What the task asks:
Copy the records below verbatim, from the first line through the line containing "filter-none p q [] (y", inclusive, and output nothing else.

Records:
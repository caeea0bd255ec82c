-- ===== src/Schema/Mapped.antt =====
-- The schema that the migrations leave, and what the entities ask of it.
use basket_shared.Prelude.{
  Bool, true, false, not_both, ◌&&◌, not, Bool-cases, inl, inr, List, [], ◌∷◌, ◌++◌, any, filter,
  All, In, Text, text_eq, ◌≡◌, refl, ap, sym, subst, arith,
}
use basket_shared.Schema.{
  EnumType, Schema, empty, Statement, Outcome, done, failed, run, perform, every,
}
use basket_shared.Schema.Migrations.{
  Migration, ups, migrations, init_file_transfers, create_users, create_outbox,
  create_event_subscriptions, create_tenant_usage,
}
use basket_shared.Schema.Entities.{
  Entity, entities, file_transfer_entity, user_entity, outbox_event_entity,
  event_subscription_entity, tenant_usage_entity, is_mapped, has_table_of, has_enums_of, same_enum,
  same_set, same_column, same_texts,
}
use basket_shared.Schema.Beside.{
  beside, IsFree, is_free, are_free, names, run-are_free, IsFree-is_free, any-beside, any-narrow,
  any-false,
}
use basket_shared.Schema.Reverting.{is_foreign, beside-empty}

module _ {A : Type 0} where
  every-In : (p : A → Bool) (xs : List A) (x : A) → every p xs ≡ true → In x xs → p x ≡ true
  every-In p [] x h i = absurd (i tt)
  every-In p (y ∷ ys) x h (inl e) = subst (λ z. p z ≡ true) (sym e) (ground arith)
  every-In p (y ∷ ys) x h (inr i) = every-In p ys x (ground arith) i

  every-append :
      (p : A → Bool) (xs ys : List A)
      → every p xs ≡ true
      → every p ys ≡ true
      → every p (xs ++ ys) ≡ true
  every-append p [] ys h k = k
  every-append p (x ∷ xs) ys h k = ground (arith, every-append p xs ys (ground arith) k)

  filter-none :
      (p q : A → Bool) (xs ys : List A)
      → any p ys ≡ false
      → filter (λ x. p x && q x) (xs ++ ys) ≡ filter (λ x. p x && q x) xs
  filter-none p q [] [] h = refl
  filter-none p q [] (y ∷ ys) h = let (e, k) = any-false p y ys h in rw e (filter-none p q [] ys k)
  filter-none p q (x ∷ xs) ys h = elim (Bool-cases (p x && q x)) [
    | inl e ↦ rw e (ap (λ zs. x ∷ zs) (filter-none p q xs ys h))
    | inr e ↦ rw e (filter-none p q xs ys h)
  ]

are_free-ups :
    (r : Schema) (ms : List Migration) → is_foreign r ms ≡ true → are_free r (ups ms) ≡ true
are_free-ups r [] h = refl
are_free-ups r (m ∷ ms) h =
    every-append (λ q. every (is_free r) (names q)) m.up (ups ms) (ground arith)
      (are_free-ups r ms (ground arith))

-- A name in a statement of a migration is free.
named-IsFree :
    (r : Schema) (m : Migration) (q : Statement) (n : Text)
    → is_foreign r migrations ≡ true
    → In m migrations
    → In q m.up
    → In n (names q)
    → IsFree r n
named-IsFree r m q n free i j k =
    let both = every-In (λ m. are_free r m.up && are_free r m.down) migrations m free i in
    let ups_free : are_free r m.up ≡ true = ground arith in
    IsFree-is_free r n (
      every-In (is_free r) (names q) n
        (every-In (λ q. every (is_free r) (names q)) m.up q ups_free j) k)

has_table_of-beside :
    (r s : Schema) (e : Entity) → IsFree r e.name → has_table_of (beside r s) e ≡ has_table_of s e
has_table_of-beside r s e f =
    rw
      (
        any-beside (λ t. text_eq t.name e.name && same_set same_column t.columns e.columns) s.tables
            r.tables
            (any-narrow (λ t. text_eq t.name e.name) (λ t. same_set same_column t.columns e.columns)
              r.tables f.0),
        filter-none (λ i. text_eq i.table e.name) (λ i. not i.primary) s.indexes r.indexes f.2,
        any-beside
            (λ i. text_eq i.table e.name && (i.primary && same_texts i.columns (e.primary ∷ [])))
            s.indexes r.indexes
            (any-narrow (λ i. text_eq i.table e.name)
              (λ i. i.primary && same_texts i.columns (e.primary ∷ [])) r.indexes f.2),
      )
      refl

and_first : (a b : Bool) → (a && b) ≡ true → a ≡ true
and_first a b h = ground (arith, h)

and_second : (a b : Bool) → (a && b) ≡ true → b ≡ true
and_second a b h = ground (arith, h)

any-more : {A : Type 0} (p : A → Bool) (xs ys : List A) → any p xs ≡ true → any p (xs ++ ys) ≡ true
any-more p [] ys h = absurd (not_both refl h)
any-more p (x ∷ xs) ys h = elim (Bool-cases (p x)) [
  | inl e ↦ ground (arith, e)
  | inr e ↦ ground (arith, e, any-more p xs ys (ground (arith, h, e)))
]

has_enums-beside :
    (r s : Schema) (es : List EnumType)
    → every (λ x. any (same_enum x) s.types) es ≡ true
    → every (λ x. any (same_enum x) (s.types ++ r.types)) es ≡ true
has_enums-beside r s [] h = refl
has_enums-beside r s (x ∷ es) h = ground (
  arith,
  any-more (same_enum x) s.types r.types (ground (arith, h)),
  has_enums-beside r s es (ground (arith, h)),
)

is_mapped-beside :
    (r s : Schema) (e : Entity)
    → IsFree r e.name
    → is_mapped s e ≡ true
    → is_mapped (beside r s) e ≡ true
is_mapped-beside r s e f h =
    let table : has_table_of s e ≡ true = and_first (has_table_of s e) (has_enums_of s e) h in
    let values =
      has_enums-beside r s e.enums (and_second (has_table_of s e) (has_enums_of s e) h) in
    rw (has_table_of-beside r s e f, table, values) refl

abbrev schema_of : Outcome → Schema
schema_of (done s) = s
schema_of (failed e) = empty

migrated : Schema
unfolding perform text_eq
migrated = schema_of (run (ups migrations) empty)

run-migrated : run (ups migrations) empty ≡ done migrated
unfolding perform text_eq migrated
run-migrated = refl

-- An entity whose table is a name of the migrations.
entity-is_mapped :
    (r : Schema) (e : Entity) (m : Migration) (q : Statement)
    → is_foreign r migrations ≡ true
    → In m migrations
    → In q m.up
    → In e.name (names q)
    → is_mapped migrated e ≡ true
    → is_mapped (beside r migrated) e ≡ true
entity-is_mapped r e m q free i j k h =
    is_mapped-beside r migrated e (named-IsFree r m q e.name free i j k) h

-- On a schema with the extension uuid-ossp in which no name of the migrations is in use, the
-- migrations succeed, and of every entity there is then a table with the entity's columns, indexes
-- and primary key and no others: names, types, lengths, nullability, defaults and uniqueness agree;
-- and the enum types of its columns have the entity's values in its order.
pub entities-IsMapped :
    (r : Schema)
    → r.uuid_ossp ≡ true
    → is_foreign r migrations ≡ true
    → (t : Schema) × (run (ups migrations) r ≡ done t) × All (λ e. is_mapped t e ≡ true) entities
unfolding text_eq migrated
entities-IsMapped r there free = (
  beside r migrated,
  subst (λ s. run (ups migrations) s ≡ done (beside r migrated)) (beside-empty r there)
      (run-are_free r (ups migrations) empty migrated (are_free-ups r migrations free)
        run-migrated),
  (
    entity-is_mapped r file_transfer_entity init_file_transfers _ free (inl refl) (inr (inl refl))
        (inl refl) refl,
    (
      entity-is_mapped r user_entity create_users _ free (inr (inr (inl refl))) (inl refl)
          (inl refl) refl,
      (
        entity-is_mapped r outbox_event_entity create_outbox _ free (inr (inr (inr (inl refl))))
            (inr (inl refl)) (inl refl) refl,
        (
          entity-is_mapped r event_subscription_entity create_event_subscriptions _ free
              (inr (inr (inr (inr (inr (inr (inl refl))))))) (inl refl) (inl refl) refl,
          (
            entity-is_mapped r tenant_usage_entity create_tenant_usage _ free
                (inr (inr (inr (inr (inr (inr (inr (inl refl)))))))) (inl refl) (inl refl) refl,
            tt,
          ),
        ),
      ),
    ),
  ),
)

Answer to this task:
repository caeea0bd255ec82c
-- ===== src/Schema/Mapped.antt =====
-- The schema that the migrations leave, and what the entities ask of it.
use basket_shared.Prelude.{
  Bool, true, false, not_both, ◌&&◌, not, Bool-cases, inl, inr, List, [], ◌∷◌, ◌++◌, any, filter,
  All, In, Text, text_eq, ◌≡◌, refl, ap, sym, subst, arith,
}
use basket_shared.Schema.{
  EnumType, Schema, empty, Statement, Outcome, done, failed, run, perform, every,
}
use basket_shared.Schema.Migrations.{
  Migration, ups, migrations, init_file_transfers, create_users, create_outbox,
  create_event_subscriptions, create_tenant_usage,
}
use basket_shared.Schema.Entities.{
  Entity, entities, file_transfer_entity, user_entity, outbox_event_entity,
  event_subscription_entity, tenant_usage_entity, is_mapped, has_table_of, has_enums_of, same_enum,
  same_set, same_column, same_texts,
}
use basket_shared.Schema.Beside.{
  beside, IsFree, is_free, are_free, names, run-are_free, IsFree-is_free, any-beside, any-narrow,
  any-false,
}
use basket_shared.Schema.Reverting.{is_foreign, beside-empty}

module _ {A : Type 0} where
  every-In : (p : A → Bool) (xs : List A) (x : A) → every p xs ≡ true → In x xs → p x ≡ true
  every-In p [] x h i = absurd (i tt)
  every-In p (y ∷ ys) x h (inl e) = subst (λ z. p z ≡ true) (sym e) (ground arith)
  every-In p (y ∷ ys) x h (inr i) = every-In p ys x (ground arith) i

  every-append :
      (p : A → Bool) (xs ys : List A)
      → every p xs ≡ true
      → every p ys ≡ true
      → every p (xs ++ ys) ≡ true
  every-append p [] ys h k = k
  every-append p (x ∷ xs) ys h k = ground (arith, every-append p xs ys (ground arith) k)

  filter-none :
      (p q : A → Bool) (xs ys : List A)
      → any p ys ≡ false
      → filter (λ x. p x && q x) (xs ++ ys) ≡ filter (λ x. p x && q x) xs
  filter-none p q [] [] h = refl
  filter-none p q [] (y ∷ ys) h = let (e, k) = any-false p y ys h in rw e (filter-none p q [] ys k)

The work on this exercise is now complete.